August 19, 2024
Several organizations focused on combating climate change joined forces on Monday, August 19, for a $55 million advertising campaign in support of Vice President Kamala Harris—embracing what they describe as the economic upside of the Democratic Party’s environmental efforts, reports The New York Times.
The campaign will include ads in at least six swing states: Arizona, Georgia, Michigan, Nevada, Pennsylvania and Wisconsin. It is being run by the L.C.V. Victory Fund, a political arm of the League of Conservation Voters; E.D.F. Action Votes, an affiliate of the Environmental Defense Fund; Climate Power Action, a communications organization; and Future Forward, one of the biggest super PACs in Democratic politics.
“When the choice is so stark between Vice President Harris and Trump, and we know it’s going to be a close election, there was a recognition that we needed to join forces,” Pete Maysmith, the senior vice president of Campaigns at the League of Conservation Voters, said in an interview. The coalition, he said, “could put more dollars together jointly to communicate why this is such an important decision from a climate and energy perspective.”
Three of the ads—shared with The New York Times before their release—frame President Joe Biden’s climate policies and Harris’s prospective policies in terms of economic benefits rather than environmental ones, and also touch on economic issues not directly related to the climate.
“The goal of her presidency: strengthen America’s middle class,” the first ad says. “We get there by investing in growing fields like advanced manufacturing and clean energy—good-paying jobs that don’t need a four-year degree.
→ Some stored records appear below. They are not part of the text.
-- ===== src/Manager/Safety.antt =====
-- What the invariant says of ports, and the invariant of a new manager.
use longhorn_instance_manage.Base.{
  ℕ, ℤ, pos, ◌+◌, ◌<◌, ◌≤◌, ◌≤ℤ◌, Text, ◌≡◌, ◌≢◌, ap, subst, >>=-eq-ok, external, codes, true,
  false, Option, none, some, List, [], ◌∷◌, arith, Error, ok, lookup, UniqueKeys, IsInt32, inl, inr,
  in_range, parts_lem, text_eq_iff, Bool-cases,
}
use longhorn_instance_manage.Bitmap.{PortBitmap}
use longhorn_instance_manage.PortRange.{parse_port_range, or_fail}
use longhorn_instance_manage.PortRange.Laws.{parse_port_range-IsInt32}
use longhorn_instance_manage.Process.{Process}
use longhorn_instance_manage.Manager.{Manager}
use longhorn_instance_manage.Manager.Handlers.{Env}
use longhorn_instance_manage.Manager.Invariant.{Inv, InBitmap}
use longhorn_instance_manage.Manager.Holders.{
  TableBelow, ListBelow, held_in_table, held_in_list, weight, count_if, lookup-TableBelow,
}
use longhorn_instance_manage.Manager.Run.{empty_manager, new_manager, run, Action, AllPermitted}
use longhorn_instance_manage.Manager.History.{run-Inv}

-- The process at `r` was given the port `q`.
abbrev pub HasPort : (ℕ → Process) → ℕ → ℤ → Type 0
HasPort h r q = in_range (h r).port_start (h r).port_end q ≡ true

module _ (h : ℕ → Process) (q : ℤ) where
  one_weight :
      (k : Text) (r : ℕ) (m : List (Text × ℕ))
      → lookup k m ≡ some r
      → weight h q r ≤ held_in_table h q m
  unfolding lookup held_in_table
  one_weight k r [] e = cc
  one_weight k r ((j, i) ∷ m) e = ground (arith, one_weight k r m)

  two_weights :
      (k k' : Text) (r r' : ℕ) (m : List (Text × ℕ))
      → k ≢ k'
      → lookup k m ≡ some r
      → lookup k' m ≡ some r'
      → weight h q r + weight h q r' ≤ held_in_table h q m
  unfolding lookup held_in_table
  two_weights k k' r r' [] ne e e' = cc
  two_weights k k' r r' ((j, i) ∷ m) ne e e' = ground (
    arith,
    text_eq_iff j k,
    text_eq_iff j k',
    one_weight k r m,
    one_weight k' r' m,
    two_weights k k' r r' m ne,
  )

  -- A port that the table holds has a process there.
  holder :
      (m : List (Text × ℕ))
      → UniqueKeys m
      → 0 < held_in_table h q m
      → (k : Text) × (r : ℕ) × (lookup k m ≡ some r) × HasPort h r q
  unfolding held_in_table UniqueKeys lookup weight
  holder [] u lt = absurd (omega arith)
  holder ((k, r) ∷ m) u lt = elim (Bool-cases (in_range (h r).port_start (h r).port_end q)) [
    | inl has ↦ (k, r, ground (arith, text_eq_iff k k), has)
    | inr not_has ↦
        let (k', r', e, has) = holder m u.1 (ground arith) in
        (k', r', ground (arith, text_eq_iff k k'), has)
  ]

ok_injective : {A : Type 0} {a b : A} → ok a ≡ ok b → a ≡ b
ok_injective e = cc

made_some : {A : Type 0} (o : Option A) (e : Error) (a : A) → or_fail o e ≡ ok a → o ≡ some a
made_some none e a h = cc
made_some (some b) e a h = cc

module _ {B : Type 0} (bm : PortBitmap B) where
  -- A port that a process has lies in the range of the bitmap.
  HasPort-InBitmap :
      (m : Manager B) (r : ℕ) (q : ℤ)
      → Inv bm m
      → r < m.next
      → pos 1 ≤ℤ q
      → HasPort m.heap r q
      → InBitmap bm m.available_ports q
  HasPort-InBitmap m r q v lt positive has = ground (arith, v.ranges r lt, parts_lem q)

  -- Two processes of the table never share a port.
  pub no_conflict :
      (m : Manager B) (k k' : Text) (r r' : ℕ) (q : ℤ)
      → Inv bm m
      → k ≢ k'
      → lookup k m.processes ≡ some r
      → lookup k' m.processes ≡ some r'
      → pos 1 ≤ℤ q
      → HasPort m.heap r q
      → ¬ HasPort m.heap r' q
  unfolding weight
  no_conflict m k k' r r' q v ne e e' positive has has' =
      let lt = lookup-TableBelow m.next k m.processes r v.table e in
      omega (
        arith,
        v.conserved q (HasPort-InBitmap m r q v lt positive has),
        two_weights m.heap q k k' r r' m.processes ne e e',
        ap count_if has,
        ap count_if has',
      )

  -- A port of the range that is not free belongs to a process of the table, when no replacement is
  -- being started.
  pub no_leak :
      (m : Manager B) (q : ℤ)
      → Inv bm m
      → m.replacing ≡ []
      → InBitmap bm m.available_ports q
      → bm.is_free m.available_ports q ≡ false
      → (k : Text) × (r : ℕ) × (lookup k m.processes ≡ some r) × HasPort m.heap r q
  unfolding held_in_list
  no_leak m q v idle inside taken =
      holder m.heap q m.processes v.keys
        (omega (arith, v.conserved q inside, ap count_if taken, ap (held_in_list m.heap q) idle))

  empty_manager-Inv :
      (s e : ℤ) (b : B)
      → bm.new_bitmap s e ≡ some b
      → pos 1 ≤ℤ s
      → IsInt32 e
      → Inv bm (empty_manager s e b)
  unfolding empty_manager held_in_table held_in_list TableBelow ListBelow UniqueKeys lookup
  empty_manager-Inv s e b h positive fits = record {
    range = record {
      positive = rw (bm.new_base s e b h) positive;
      fits = rw (bm.new_limit s e b h) fits;
    };
    conserved = λ q inside.
        ground (arith, bm.new_free s e b q h, bm.new_base s e b h, bm.new_limit s e b h, inside);
    ranges = λ r lt. absurd (omega arith);
    table = tt;
    list = tt;
    keys = tt;
    names = λ k r e'. cc;
    uuids = λ i j li lj e'. absurd (omega arith);
  }

  -- A manager that `NewManager` makes over a range whose first port is positive is well formed.
  pub new_manager-Inv :
      (range : Text) (m : Manager B)
      → new_manager bm range ≡ ok m
      → pos 1 ≤ℤ m.port_range_min
      → Inv bm m
  unfolding new_manager empty_manager
  new_manager-Inv range m h =
      let (ends, parsed, rest) = >>=-eq-ok (parse_port_range range) _ h in
      let (bitmap, made, done) =
        >>=-eq-ok (or_fail (bm.new_bitmap ends.0 ends.1) (external (codes "NewBitmap"))) _ rest in
      let fits = (parse_port_range-IsInt32 range ends.0 ends.1 parsed).1 in
      subst (λ (m' : Manager B). pos 1 ≤ℤ m'.port_range_min → Inv bm m') (ok_injective done)
        (λ positive.
          empty_manager-Inv ends.0 ends.1 bitmap
            (made_some _ (external (codes "NewBitmap")) bitmap made) positive fits)

  -- Along every history of a manager over a range of positive ports, in which each call gets a
  -- fresh UUID, each goroutine acts on a process that exists, and the goroutines that run while a
  -- call waits keep managers well formed, remove no object and leave the call's own replacement
  -- alone, two processes of the table with different names never share a port.
  pub run_no_conflict :
      (range : Text) (m : Manager B) (acts : List (Env B × Action)) (k k' : Text) (r r' : ℕ) (q : ℤ)
      → new_manager bm range ≡ ok m
      → pos 1 ≤ℤ m.port_range_min
      → AllPermitted bm acts m
      → k ≢ k'
      → lookup k (run bm acts m).processes ≡ some r
      → lookup k' (run bm acts m).processes ≡ some r'
      → pos 1 ≤ℤ q
      → HasPort (run bm acts m).heap r q
      → ¬ HasPort (run bm acts m).heap r' q
  run_no_conflict range m acts k k' r r' q made positive permitted =
      no_conflict (run bm acts m) k k' r r' q
        (run-Inv bm acts m permitted (new_manager-Inv range m made positive))

  -- Along every history of a manager over a range of positive ports, in which each call gets a
  -- fresh UUID, each goroutine acts on a process that exists, and the goroutines that run while a
  -- call waits keep managers well formed, remove no object and leave the call's own replacement
  -- alone, whenever no replacement is being started, a port of the range that is not free belongs
  -- to a process of the table.
  pub run_no_leak :
      (range : Text) (m : Manager B) (acts : List (Env B × Action)) (q : ℤ)
      → new_manager bm range ≡ ok m
      → pos 1 ≤ℤ m.port_range_min
      → AllPermitted bm acts m
      → (run bm acts m).replacing ≡ []
      → InBitmap bm (run bm acts m).available_ports q
      → bm.is_free (run bm acts m).available_ports q ≡ false
      → (k : Text) × (r : ℕ) × (lookup k (run bm acts m).processes ≡ some r)
        × HasPort (run bm acts m).heap r q
  run_no_leak range m acts q made positive permitted =
      no_leak (run bm acts m) q
        (run-Inv bm acts m permitted (new_manager-Inv range m made positive))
Cap the price of drugs and strengthen Social Security.”
Th second ad focuses on Harris’s time as San Francisco district attorney and California attorney general—noting that she led cases against oil companies whose operations polluted communities and against banks that foreclosed on homeowners. “Harris took on the most powerful interests, while Donald Trump has always stood with corporations that rip us off, and he always will,” it says.
The third says Harris knows prices are too high, so she will “triple America’s clean energy production”—saving families money, it says—and “take on big oil companies’ price gouging.”
The messaging is in line with that of the Biden-Harris Administration. Biden enacted the country’s largest investment in climate-change mitigation by signing the Inflation Reduction Act, but he and Harris have often promoted it primarily as a force that is benefiting working-class Americans by pushing companies to create manufacturing and construction jobs for green-energy projects.
“Kamala Harris’s vision is focused on helping working families, from lowering energy bills to creating new jobs in growing industries like clean energy,” Chauncey McLean, the president of the Future Forward PAC, said in a statement. “Donald Trump is focused on helping wealthy corporations like big oil companies make more money.”
Harris’s and Trump’s platforms on climate and environmental issues are starkly different. Ms. Harris supports efforts to increase renewable energy use and lower carbon emissions through tax incentives and federal regulations, while Mr. Trump wants to undo many regulations and has mocked both renewable energy and the facts of climate change.
While polls show that many voters are worried about climate change, they generally rank the economy higher on their list of concerns. Maysmith said he believed a message connecting the two would resonate.
“Clean energy is cheaper energy,” he said. “If she’s looking at how can things be more affordable for voters, this is one way to do that.”